-- ===== src/Pool/Tests.antt =====
-- Runs of src/v2/worker_pool.py, and instances of its theorems.
use dpi_engine_python.Balancer.{
  FlowKey, str_lt, endpoints_lt, endpoints_min, canonical, decimal, str_of, crc_bit, crc_byte,
  crc_from, crc32, joined, flow_text, flow_balancer, get_worker,
}
use dpi_engine_python.Pool.{
  WorkerPool, worker_pool, start_all, stop_all, submit, pushed, is_drained, get_results, Event,
  starts, submits, works, happen, happen_all,
}
use dpi_engine_python.Pool.Drain.{can_drain}
use dpi_engine_python.Pool.Outcome.{submissions, expected, get_results_drained, handled_below}
use dpi_engine_python.Pool.Shared.{Made, made_with, make_pool, happen_shared, happen_all_in}
use dpi_engine_python.Pool.Shared.Conserves.{make_pool-conserves}
use dpi_engine_python.Prelude.{
  some, none, ℕ, ◌+◌, ◌≡◌, refl, true, List, [], ◌∷◌, length, if◌then◌else◌,
}
use dpi_engine_python.Prelude.Eq.{◌==◌, nat_eq}
use dpi_engine_python.Prelude.Result.{Result, ok, err, value_error}
use dpi_engine_python.Queue.{push, take_first, done_with, pop, task_done}
use dpi_engine_python.Text.{codes, encode_code}
use dpi_engine_python.Worker.{
  DpiWorker, testing, new_worker, start, stop, handled, popped, finished, work_at, work,
}
use dpi_engine_python.Worker.Progress.{IsFed, start-IsFed, new_worker-IsFed}

-- Adds the items up, and refuses 0.
abbrev adder : ℕ → ℕ → Result ℕ × ℕ
adder total item = if item == 0 then (err value_error, total) else (ok (total + item), total + item)

abbrev zeros : ℕ → ℕ
zeros i = 0

abbrev flow : FlowKey
flow = record {
  src_ip = codes "9.9.9.9";
  dst_ip = codes "1.2.3.4";
  src_port = 5000;
  dst_port = 443;
  protocol = codes "TCP";
}

abbrev pool : WorkerPool ℕ ℕ ℕ
pool = record { worker_count = 2; workers = λ i. new_worker i 0 }

made : worker_pool 2 zeros ≡ ok pool
unfolding worker_pool flow_balancer
made = refl

-- Both workers run a round for each item; only one of them is given any.
abbrev rounds : List (Event ℕ)
rounds = works 0 ∷ works 1 ∷ works 0 ∷ works 1 ∷ works 0 ∷ works 1 ∷ works 0 ∷ works 1 ∷ []

abbrev events : List (Event ℕ)
events =
    starts
    ∷ submits flow 5
    ∷ works 0
    ∷ works 1
    ∷ works 0
    ∷ works 1
    ∷ submits flow 0
    ∷ works 0
    ∷ works 1
    ∷ works 0
    ∷ works 1
    ∷ works 0
    ∷ works 1
    ∷ works 0
    ∷ works 1
    ∷ rounds

drained : is_drained (happen_all adder pool events) ≡ true
unfolding is_drained happen_all happen start_all stop_all submit pushed push take_first done_with
    pop task_done start stop handled popped finished work_at work get_worker flow_text joined
    canonical endpoints_min endpoints_lt str_lt str_of decimal crc32 crc_from crc_byte crc_bit
    encode_code
drained = refl

get_results_drained_example :
    get_results (happen_all adder pool events) ≡ expected adder zeros 2 2 (submissions events)
get_results_drained_example = get_results_drained adder zeros 2 pool events made drained

-- A pool whose workers share the adder.
made_shared : make_pool 2 (some 0) none ≡ ok (record { pool = pool; is_shared = true })
unfolding make_pool made_with worker_pool flow_balancer
made_shared = refl

drained_shared : is_drained (happen_all_in adder true pool events) ≡ true
unfolding is_drained happen_all_in happen_shared happen start_all stop_all submit pushed push
    take_first done_with pop task_done start stop handled popped finished work_at work get_worker
    flow_text joined canonical endpoints_min endpoints_lt str_lt str_of decimal crc32 crc_from
    crc_byte crc_bit encode_code
drained_shared = refl

make_pool-conserves_example :
    handled_below 2 (happen_all_in adder true pool events).workers ≡ length (submissions events)
make_pool-conserves_example =
    make_pool-conserves adder 2 (some 0) none (record { pool = pool; is_shared = true }) events
      made_shared drained_shared

-- Without a processor and a factory the constructor raises.
unmade : (let made : Result (Made ℕ ℕ ℕ) = make_pool 2 none none in made ≡ err value_error)
unfolding make_pool made_with
unmade = refl

can_drain_example :
    (more : List (Event ℕ)) × (submissions more ≡ [])
    × (is_drained
          (happen_all adder pool (starts ∷ (submits flow 5 ∷ works 1 ∷ submits flow 0 ∷ more)))
        ≡ true)
can_drain_example =
    can_drain adder zeros 2 pool (submits flow 5 ∷ works 1 ∷ submits flow 0 ∷ []) made refl

-- A worker that is started, before any item comes.
abbrev started : DpiWorker ℕ ℕ ℕ
started = record (new_worker 1 0) { pc = testing }

started-IsFed : IsFed adder 0 [] started
unfolding start
started-IsFed = start-IsFed adder 0 [] (new_worker 1 0) (new_worker-IsFed adder 1 0)
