-- ===== src/Processor/Tests.antt =====
-- Runs of src/v2/dpi_processor.py, and instances of its theorems.
use dpi_engine_python.Dict.{get}
use dpi_engine_python.Packet.{ParsedPacket, parse}
use dpi_engine_python.Packet.Samples.{sample_scapy, hello_packet, arp_packet}
use dpi_engine_python.Prelude.{◌≡◌, refl, none, some}
use dpi_engine_python.Prelude.Eq.{option_eq}
use dpi_engine_python.Prelude.Result.{err, attribute_error}
use dpi_engine_python.Processor.{DpiProcessor, dpi_processor, process_parsed}
use dpi_engine_python.Processor.Effect.{or_new}
use dpi_engine_python.Processor.Raising.{IsKeyed, dpi_processor-IsKeyed, process_parsed_raises}
use dpi_engine_python.Http
use dpi_engine_python.Sni
use dpi_engine_python.Text.{codes}
use dpi_engine_python.Tracker.{update_flow, create_five_tuple, create_from}
use dpi_engine_python.Types.{FiveTuple, five_tuple_eq}

abbrev fresh : DpiProcessor
fresh = dpi_processor none none none

abbrev fresh-IsKeyed : IsKeyed fresh
fresh-IsKeyed = dpi_processor-IsKeyed none none none

abbrev hello : ParsedPacket
hello = parse sample_scapy hello_packet

abbrev key : FiveTuple
key = record {
  src_ip = codes "10.0.0.1";
  dst_ip = codes "1.2.3.4";
  src_port = 5000;
  dst_port = 443;
  protocol = codes "TCP";
}

arp_key : create_five_tuple (parse sample_scapy arp_packet) ≡ none
unfolding create_five_tuple create_from parse
arp_key = refl

process_parsed_raises_example :
    ((process_parsed fresh (parse sample_scapy arp_packet) arp_packet).0 ≡ err attribute_error)
    × (get (process_parsed fresh (parse sample_scapy arp_packet) arp_packet).1.tracker.flows none
        ≡ some (update_flow fresh.tracker.rules none (or_new none (get fresh.tracker.flows none))))
process_parsed_raises_example =
    process_parsed_raises fresh (parse sample_scapy arp_packet) arp_packet fresh-IsKeyed arp_key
* * *
**TASK TO COMPLETE**
Transcribe the data above verbatim.

**EXERCISE SOLUTION**
-- ===== src/Pool/Tests.antt =====
-- Runs of src/v2/worker_pool.py, and instances of its theorems.
use dpi_engine_python.Balancer.{
  FlowKey, str_lt, endpoints_lt, endpoints_min, canonical, decimal, str_of, crc_bit, crc_byte,
  crc_from, crc32, joined, flow_text, flow_balancer, get_worker,
}
use dpi_engine_python.Pool.{
  WorkerPool, worker_pool, start_all, stop_all, submit, pushed, is_drained, get_results, Event,
  starts, submits, works, happen, happen_all,
}
use dpi_engine_python.Pool.Drain.{can_drain}
use dpi_engine_python.Pool.Outcome.{submissions, expected, get_results_drained, handled_below}
use dpi_engine_python.Pool.Shared.{Made, made_with, make_pool, happen_shared, happen_all_in}
use dpi_engine_python.Pool.Shared.Conserves.{make_pool-conserves}
use dpi_engine_python.Prelude.{
  some, none, ℕ, ◌+◌, ◌≡◌, refl, true, List, [], ◌∷◌, length, if◌then◌else◌,
}
use dpi_engine_python.Prelude.Eq.{◌==◌, nat_eq}
use dpi_engine_python.Prelude.Result.{Result, ok, err, value_error}
use dpi_engine_python.Queue.{push, take_first, done_with, pop, task_done}
use dpi_engine_python.Text.{codes, encode_code}
use dpi_engine_python.Worker.{
  DpiWorker, testing, new_worker, start, stop, handled, popped, finished, work_at, work,
}
use dpi_engine_python.Worker.Progress.{IsFed, start-IsFed, new_worker-IsFed}

-- Adds the items up, and refuses 0.
abbrev adder : ℕ → ℕ → Result ℕ × ℕ
adder total item = if item == 0 then (err value_error, total) else (ok (total + item), total + item)

abbrev zeros : ℕ → ℕ
zeros i = 0

abbrev flow : FlowKey
flow = record {
  src_ip = codes "9.9.9.9";
  dst_ip = codes "1.2.3.4";
  src_port = 5000;
  dst_port = 443;
  protocol = codes "TCP";
}

abbrev pool : WorkerPool ℕ ℕ ℕ
pool = record { worker_count = 2; workers = λ i. new_worker i 0 }

made : worker_pool 2 zeros ≡ ok pool
unfolding worker_pool flow_balancer
made = refl

-- Both workers run a round for each item; only one of them is given any.
abbrev rounds : List (Event ℕ)
rounds = works 0 ∷ works 1 ∷ works 0 ∷ works 1 ∷ works 0 ∷ works 1 ∷ works 0 ∷ works 1 ∷ []

abbrev events : List (Event ℕ)
events =
    starts
    ∷ submits flow 5
    ∷ works 0
    ∷ works 1
    ∷ works 0
    ∷ works 1
    ∷ submits flow 0
    ∷ works 0
    ∷ works 1
    ∷ works 0
    ∷ works 1
    ∷ works 0
    ∷ works 1
    ∷ works 0
    ∷ works 1
    ∷ rounds

drained : is_drained (happen_all adder pool events) ≡ true
unfolding is_drained happen_all happen start_all stop_all submit pushed push take_first done_with
    pop task_done start stop handled popped finished work_at work get_worker flow_text joined
    canonical endpoints_min endpoints_lt str_lt str_of decimal crc32 crc_from crc_byte crc_bit
    encode_code
drained = refl

get_results_drained_example :
    get_results (happen_all adder pool events) ≡ expected adder zeros 2 2 (submissions events)
get_results_drained_example = get_results_drained adder zeros 2 pool events made drained

-- A pool whose workers share the adder.
made_shared : make_pool 2 (some 0) none ≡ ok (record { pool = pool; is_shared = true })
unfolding make_pool made_with worker_pool flow_balancer
made_shared = refl

drained_shared : is_drained (happen_all_in adder true pool events) ≡ true
unfolding is_drained happen_all_in happen_shared happen start_all stop_all submit pushed push
    take_first done_with pop task_done start stop handled popped finished work_at work get_worker
    flow_text joined canonical endpoints_min endpoints_lt str_lt str_of decimal crc32 crc_from
    crc_byte crc_bit encode_code
drained_shared = refl

make_pool-conserves_example :
    handled_below 2 (happen_all_in adder true pool events).workers ≡ length (submissions events)
make_pool-conserves_example =
    make_pool-conserves adder 2 (some 0) none (record { pool = pool; is_shared = true }) events
      made_shared drained_shared

-- Without a processor and a factory the constructor raises.
unmade : (let made : Result (Made ℕ ℕ ℕ) = make_pool 2 none none in made ≡ err value_error)
unfolding make_pool made_with
unmade = refl

can_drain_example :
    (more : List (Event ℕ)) × (submissions more ≡ [])
    × (is_drained
          (happen_all adder pool (starts ∷ (submits flow 5 ∷ works 1 ∷ submits flow 0 ∷ more)))
        ≡ true)
can_drain_example =
    can_drain adder zeros 2 pool (submits flow 5 ∷ works 1 ∷ submits flow 0 ∷ []) made refl

-- A worker that is started, before any item comes.
abbrev started : DpiWorker ℕ ℕ ℕ
started = record (new_worker 1 0) { pc = testing }

started-IsFed : IsFed adder 0 [] started
unfolding start
started-IsFed = start-IsFed adder 0 [] (new_worker 1 0) (new_worker-IsFed adder 1 0)
-- ===== src/Processor/Tests.antt =====
-- Runs of src/v2/dpi_processor.py, and instances of its theorems.
use dpi_engine_python.Dict.{get}
use dpi_engine_python.Packet.{ParsedPacket, parse}
use dpi_engine_python.Packet.Samples.{sample_scapy, hello_packet, arp_packet}
use dpi_engine_python.Prelude.{◌≡◌, refl, none, some}
use dpi_engine_python.Prelude.Eq.{option_eq}
use dpi_engine_python.Prelude.Result.{err, attribute_error}
use dpi_engine_python.Processor.{DpiProcessor, dpi_processor, process_parsed}
use dpi_engine_python.Processor.Effect.{or_new}
use dpi_engine_python.Processor.Raising.{IsKeyed, dpi_processor-IsKeyed, process_parsed_raises}
use dpi_engine_python.Http
use dpi_engine_python.Sni
use dpi_engine_python.Text.{codes}
use dpi_engine_python.Tracker.{update_flow, create_five_tuple, create_from}
use dpi_engine_python.Types.{FiveTuple, five_tuple_eq}

abbrev fresh : DpiProcessor
fresh = dpi_processor none none none

abbrev fresh-IsKeyed : IsKeyed fresh
fresh-IsKeyed = dpi_processor-IsKeyed none none none

abbrev hello : ParsedPacket
hello = parse sample_scapy hello_packet

abbrev key : FiveTuple
key = record {
  src_ip = codes "10.0.0.1";
  dst_ip = codes "1.2.3.4";
  src_port = 5000;
  dst_port = 443;
  protocol = codes "TCP";
}

arp_key : create_five_tuple (parse sample_scapy arp_packet) ≡ none
unfolding create_five_tuple create_from parse
arp_key = refl

process_parsed_raises_example :
    ((process_parsed fresh (parse sample_scapy arp_packet) arp_packet).0 ≡ err attribute_error)
    × (get (process_parsed fresh (parse sample_scapy arp_packet) arp_packet).1.tracker.flows none
        ≡ some (update_flow fresh.tracker.rules none (or_new none (get fresh.tracker.flows none))))
process_parsed_raises_example =
    process_parsed_raises fresh (parse sample_scapy arp_packet) arp_packet fresh-IsKeyed arp_key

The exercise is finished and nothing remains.